Start of DATA FOR THE TASK

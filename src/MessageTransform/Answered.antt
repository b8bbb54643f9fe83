-- ===== src/MessageTransform/Answered.antt =====
-- Every tool call of a transformed conversation is answered, by
-- crates/ri-llm-provider/src/message_transform.rs.
use ri.Base.{
  ℕ, ◌≡◌, refl, ap, ◌∙◌, Bool, true, false, not, Option, none, some, List, [], ◌∷◌, ◌++◌, Text,
  text_eq, length, retain, if◌then◌else◌,
}
use ri.Base.Int.{ℤ}
use ri.Base.Sets.{contains, set_insert}
use ri.Message.{Host, Message, ToolCall}
use ri.Agent.Types.{Model}
use ri.MessageTransform.Images.{downgrade_unsupported_images}
use ri.MessageTransform.Assistant.{ToolCallIdNormalizer, transform_each}
use ri.MessageTransform.Synthetic.{
  calls_of, is_failed, synthetic_result, insert_missing_tool_results, synthetic_loop,
  insert_synthetic_tool_results,
}
use ri.MessageTransform.Whole.{transform_messages}
use ri.MessageTransform.Covers.{
  ids_of, Covers, Covers-none, Covers-skip, Covers-answer, Covers-insert, Covers-all,
}

-- What is left where nothing may wait.
abbrev when_none : List Text → Option (List Text) → Option (List Text)
when_none [] after = after
when_none (id ∷ waiting) after = none

module _ {H : Host} where
  -- The calls that still wait for a result after one message; `none` where a message of the user or
  -- the assistant comes while a call waits, or where the message of the assistant has failed.
  abbrev pub waits_after : List Text → Message H → Option (List Text)
  waits_after waiting (Message.user m) = when_none waiting (some [])
  waits_after waiting (Message.assistant m) =
      when_none waiting (if is_failed m.stop_reason then none else some (ids_of (calls_of m)))
  waits_after waiting (Message.tool_result m) =
      some (retain (λ id. not (text_eq m.tool_call_id id)) waiting)

  -- The same after some messages.
  abbrev pub waits : Option (List Text) → List (Message H) → Option (List Text)
  waits none ms = none
  waits (some waiting) [] = some waiting
  waits (some waiting) (m ∷ ms) = waits (waits_after waiting m) ms

  waits-append :
      (o : Option (List Text)) (xs ys : List (Message H))
      → waits o (xs ++ ys) ≡ waits (waits o xs) ys
  waits-append none xs ys = refl
  waits-append (some w) [] ys = refl
  waits-append (some w) (x ∷ xs) ys = waits-append (waits_after w x) xs ys

  waits-snoc :
      (xs : List (Message H)) (m : Message H) (w : List Text)
      → waits (some []) xs ≡ some w
      → waits (some []) (xs ++ m ∷ []) ≡ waits_after w m
  waits-snoc xs m w h =
      waits-append (some []) xs (m ∷ [])
      ∙ ap (λ (o : Option (List Text)). waits o (m ∷ [])) h
      ∙ one (waits_after w m)
    where
      one : (o : Option (List Text)) → waits o [] ≡ o
      one none = refl
      one (some v) = refl

module _ {H : Host} (clock : ℕ → ℤ) where
  insert_missing-waits :
      (calls : List (ToolCall H)) (existing w : List Text) (result : List (Message H))
      → Covers calls existing w
      → waits (some []) result ≡ some w
      → waits (some []) (insert_missing_tool_results clock result calls existing) ≡ some []
  unfolding insert_missing_tool_results synthetic_result
  insert_missing-waits [] existing w result c h = h ∙ ap some (Covers-none H existing w c)
  insert_missing-waits (call ∷ calls) existing w result c h =
      by_found (contains existing call.id) refl
        (λ e.
          insert_missing-waits calls existing w result (Covers-skip call calls existing w e c) h)
        (insert_missing-waits calls existing (retain (λ id. not (text_eq call.id id)) w)
          (result ++ new ∷ []) (Covers-answer call calls existing w c) (waits-snoc result new w h))
    where
      new : Message H
      new = Message.tool_result (synthetic_result (clock (length result)) call)

      goal : List (Message H) → Type 0
      goal r = waits (some []) (insert_missing_tool_results clock r calls existing) ≡ some []

      by_found :
          (b : Bool)
          → contains existing call.id ≡ b
          → (contains existing call.id ≡ true → goal result)
          → goal (result ++ new ∷ [])
          → goal (if b then result else result ++ new ∷ [])
      by_found true e found other = found e
      by_found false e found other = other

  synthetic_loop-waits :
      (ms result : List (Message H)) (pending : List (ToolCall H)) (existing w : List Text)
      → Covers pending existing w
      → waits (some []) result ≡ some w
      → waits (some []) (synthetic_loop clock result pending existing ms) ≡ some []
  unfolding synthetic_loop
  synthetic_loop-waits [] result pending existing w c h =
      insert_missing-waits pending existing w result c h
  synthetic_loop-waits (Message.user m ∷ ms) result pending existing w c h =
      synthetic_loop-waits ms
        (insert_missing_tool_results clock result pending existing ++ Message.user m ∷ []) [] [] []
        tt
        (waits-snoc (insert_missing_tool_results clock result pending existing) (Message.user m) []
          (insert_missing-waits pending existing w result c h))
  synthetic_loop-waits (Message.tool_result m ∷ ms) result pending existing w c h =
      synthetic_loop-waits ms (result ++ Message.tool_result m ∷ []) pending
        (set_insert existing m.tool_call_id) (retain (λ id. not (text_eq m.tool_call_id id)) w)
        (Covers-insert pending existing m.tool_call_id w c)
        (waits-snoc result (Message.tool_result m) w h)
  synthetic_loop-waits (Message.assistant m ∷ ms) result pending existing w c h =
      by_failed (is_failed m.stop_reason) refl
        (synthetic_loop-waits ms flushed [] [] [] tt flushed-waits)
        (λ e.
          synthetic_loop-waits ms (flushed ++ Message.assistant m ∷ []) (calls_of m) []
            (ids_of (calls_of m)) (Covers-all (calls_of m))
            (waits-snoc flushed (Message.assistant m) [] flushed-waits ∙ rw e refl))
    where
      flushed : List (Message H)
      flushed = insert_missing_tool_results clock result pending existing

      flushed-waits : waits (some []) flushed ≡ some []
      flushed-waits = insert_missing-waits pending existing w result c h

      goal : List (Message H) → List (ToolCall H) → Type 0
      goal r p = waits (some []) (synthetic_loop clock r p [] ms) ≡ some []

      by_failed :
          (b : Bool)
          → is_failed m.stop_reason ≡ b
          → goal flushed []
          → (is_failed m.stop_reason ≡ false
              → goal (flushed ++ Message.assistant m ∷ []) (calls_of m))
          → goal
              (if b then flushed else flushed ++ Message.assistant m ∷ [])
              (if b then [] else calls_of m)
      by_failed true e failed other = failed
      by_failed false e failed other = other e

  -- In the conversation that a model gets, whatever the conversation was, every tool call has a
  -- result before the next message of the user or the assistant and before the end, and no message
  -- of the assistant has failed.
  pub transform_messages-waits :
      (ms : List (Message H)) (model : Model H) (normalizer : Option (ToolCallIdNormalizer H))
      → waits (some []) (transform_messages clock ms model normalizer) ≡ some []
  unfolding transform_messages insert_synthetic_tool_results
  transform_messages-waits ms model normalizer =
      synthetic_loop-waits
        (transform_each model normalizer (downgrade_unsupported_images ms model) []) [] [] [] [] tt
        refl
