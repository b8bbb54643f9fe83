-- ===== src/MessageTransform/Complete.antt =====
-- A conversation that is complete is left as it is, by `insert_synthetic_tool_results` of
-- crates/ri-llm-provider/src/message_transform.rs.
use ri.Base.{
  ℕ, ◌≡◌, refl, sym, ◌∙◌, Bool, true, false, not, ◌||◌, none, some, List, [], ◌∷◌, ◌++◌, Text,
  text_eq, text_eq_iff, text_eq_refl, retain, All, arith, if◌then◌else◌,
}
use mathlib.Core.List.{append_assoc, append-nil}
use ri.Base.Int.{ℤ}
use ri.Base.Sets.{contains, set_insert, contains-set_insert}
use ri.Message.{Host, Message, ToolCall}
use ri.MessageTransform.Synthetic.{
  calls_of, is_failed, insert_missing_tool_results, synthetic_loop, insert_synthetic_tool_results,
}
use ri.MessageTransform.Covers.{ids_of}
use ri.MessageTransform.Answered.{waits}

-- An id that has a result is among the results, or it waits.
abbrev seen : List Text → List Text → Text → Bool
seen existing w id = contains existing id || contains w id

contains-retain :
    (w : List Text) (new id : Text)
    → text_eq new id ≡ false
    → contains (retain (λ i. not (text_eq new i)) w) id ≡ contains w id
unfolding contains
contains-retain [] new id e = refl
contains-retain (i ∷ w) new id e =
    ground
      (arith, contains-retain w new id e, text_eq_iff i id, text_eq_iff new i, text_eq_iff new id)

seen-insert :
    (existing w : List Text) (new id : Text)
    → seen existing w id ≡ true
    → seen (set_insert existing new) (retain (λ i. not (text_eq new i)) w) id ≡ true
seen-insert existing w new id h =
    ground (arith, contains-retain w new id, contains-set_insert existing new id, h)

module _ {H : Host} where
  abbrev Seen : List (ToolCall H) → List Text → List Text → Type 0
  Seen calls existing w = All (λ (c : ToolCall H). seen existing w c.id ≡ true) calls

  Seen-insert :
      (calls : List (ToolCall H)) (existing w : List Text) (new : Text)
      → Seen calls existing w
      → Seen calls (set_insert existing new) (retain (λ i. not (text_eq new i)) w)
  Seen-insert [] existing w new h = tt
  Seen-insert (c ∷ calls) existing w new (h, hs) =
      (seen-insert existing w new c.id h, Seen-insert calls existing w new hs)

  Seen-more :
      (call : Text) (calls : List (ToolCall H)) (w : List Text)
      → Seen calls [] w
      → Seen calls [] (call ∷ w)
  unfolding contains
  Seen-more call [] w h = tt
  Seen-more call (c ∷ calls) w (h, hs) = (ground (arith, h), Seen-more call calls w hs)

  Seen-all : (calls : List (ToolCall H)) → Seen calls [] (ids_of calls)
  unfolding contains
  Seen-all [] = tt
  Seen-all (c ∷ calls) =
      (ground (arith, text_eq_refl c.id), Seen-more c.id calls (ids_of calls) (Seen-all calls))

module _ {H : Host} (clock : ℕ → ℤ) where
  insert_missing-Seen :
      (calls : List (ToolCall H)) (existing : List Text) (result : List (Message H))
      → Seen calls existing []
      → insert_missing_tool_results clock result calls existing ≡ result
  unfolding insert_missing_tool_results contains
  insert_missing-Seen [] existing result h = refl
  insert_missing-Seen (call ∷ calls) existing result (h, hs) =
      let found : contains existing call.id ≡ true = ground (arith, h) in
      rw found (insert_missing-Seen calls existing result hs)

  synthetic_loop_complete :
      (ms result : List (Message H)) (pending : List (ToolCall H)) (existing w : List Text)
      → Seen pending existing w
      → waits (some w) ms ≡ some []
      → synthetic_loop clock result pending existing ms ≡ result ++ ms
  unfolding synthetic_loop
  synthetic_loop_complete [] result pending existing [] c h =
      insert_missing-Seen pending existing result c ∙ sym (append-nil result)
  synthetic_loop_complete [] result pending existing (id ∷ w) c h = cc h
  synthetic_loop_complete (Message.tool_result m ∷ ms) result pending existing w c h =
      synthetic_loop_complete ms (result ++ Message.tool_result m ∷ []) pending
        (set_insert existing m.tool_call_id) (retain (λ id. not (text_eq m.tool_call_id id)) w)
        (Seen-insert pending existing w m.tool_call_id c) h
      ∙ append_assoc result (Message.tool_result m ∷ []) ms
  synthetic_loop_complete (Message.user m ∷ ms) result pending existing (id ∷ w) c h = cc h
  synthetic_loop_complete (Message.user m ∷ ms) result pending existing [] c h =
      rw (insert_missing-Seen pending existing result c) (
        synthetic_loop_complete ms (result ++ Message.user m ∷ []) [] [] [] tt h
        ∙ append_assoc result (Message.user m ∷ []) ms)
  synthetic_loop_complete (Message.assistant m ∷ ms) result pending existing (id ∷ w) c h = cc h
  synthetic_loop_complete (Message.assistant m ∷ ms) result pending existing [] c h =
      by_failed (is_failed m.stop_reason)
        (λ h'. rw (insert_missing-Seen pending existing result c) (
          synthetic_loop_complete ms (result ++ Message.assistant m ∷ []) (calls_of m) []
            (ids_of (calls_of m)) (Seen-all (calls_of m)) h'
          ∙ append_assoc result (Message.assistant m ∷ []) ms))
        h
    where
      flushed : List (Message H)
      flushed = insert_missing_tool_results clock result pending existing

      by_failed :
          (b : Bool)
          → (waits (some (ids_of (calls_of m))) ms ≡ some []
              → synthetic_loop clock (flushed ++ Message.assistant m ∷ []) (calls_of m) [] ms
                ≡ result ++ Message.assistant m ∷ ms)
          → waits (if b then none else some (ids_of (calls_of m))) ms ≡ some []
          → synthetic_loop clock
              (if b then flushed else flushed ++ Message.assistant m ∷ [])
              (if b then [] else calls_of m)
              []
              ms
            ≡ result ++ Message.assistant m ∷ ms
      by_failed true other h = cc h
      by_failed false other h = other h

  -- A conversation in which every tool call is answered and nothing has failed is left as it is.
  pub insert_synthetic_complete :
      (ms : List (Message H))
      → waits (some []) ms ≡ some []
      → insert_synthetic_tool_results clock ms ≡ ms
  unfolding insert_synthetic_tool_results
  insert_synthetic_complete ms h = synthetic_loop_complete ms [] [] [] [] tt h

End of DATA FOR THE TASK

ABOUT THIS TASK:
Work out how many lines of the records contain the string "unfolding". Nothing but the number should be written.

SOLUTION FOR THIS EXERCISE:
9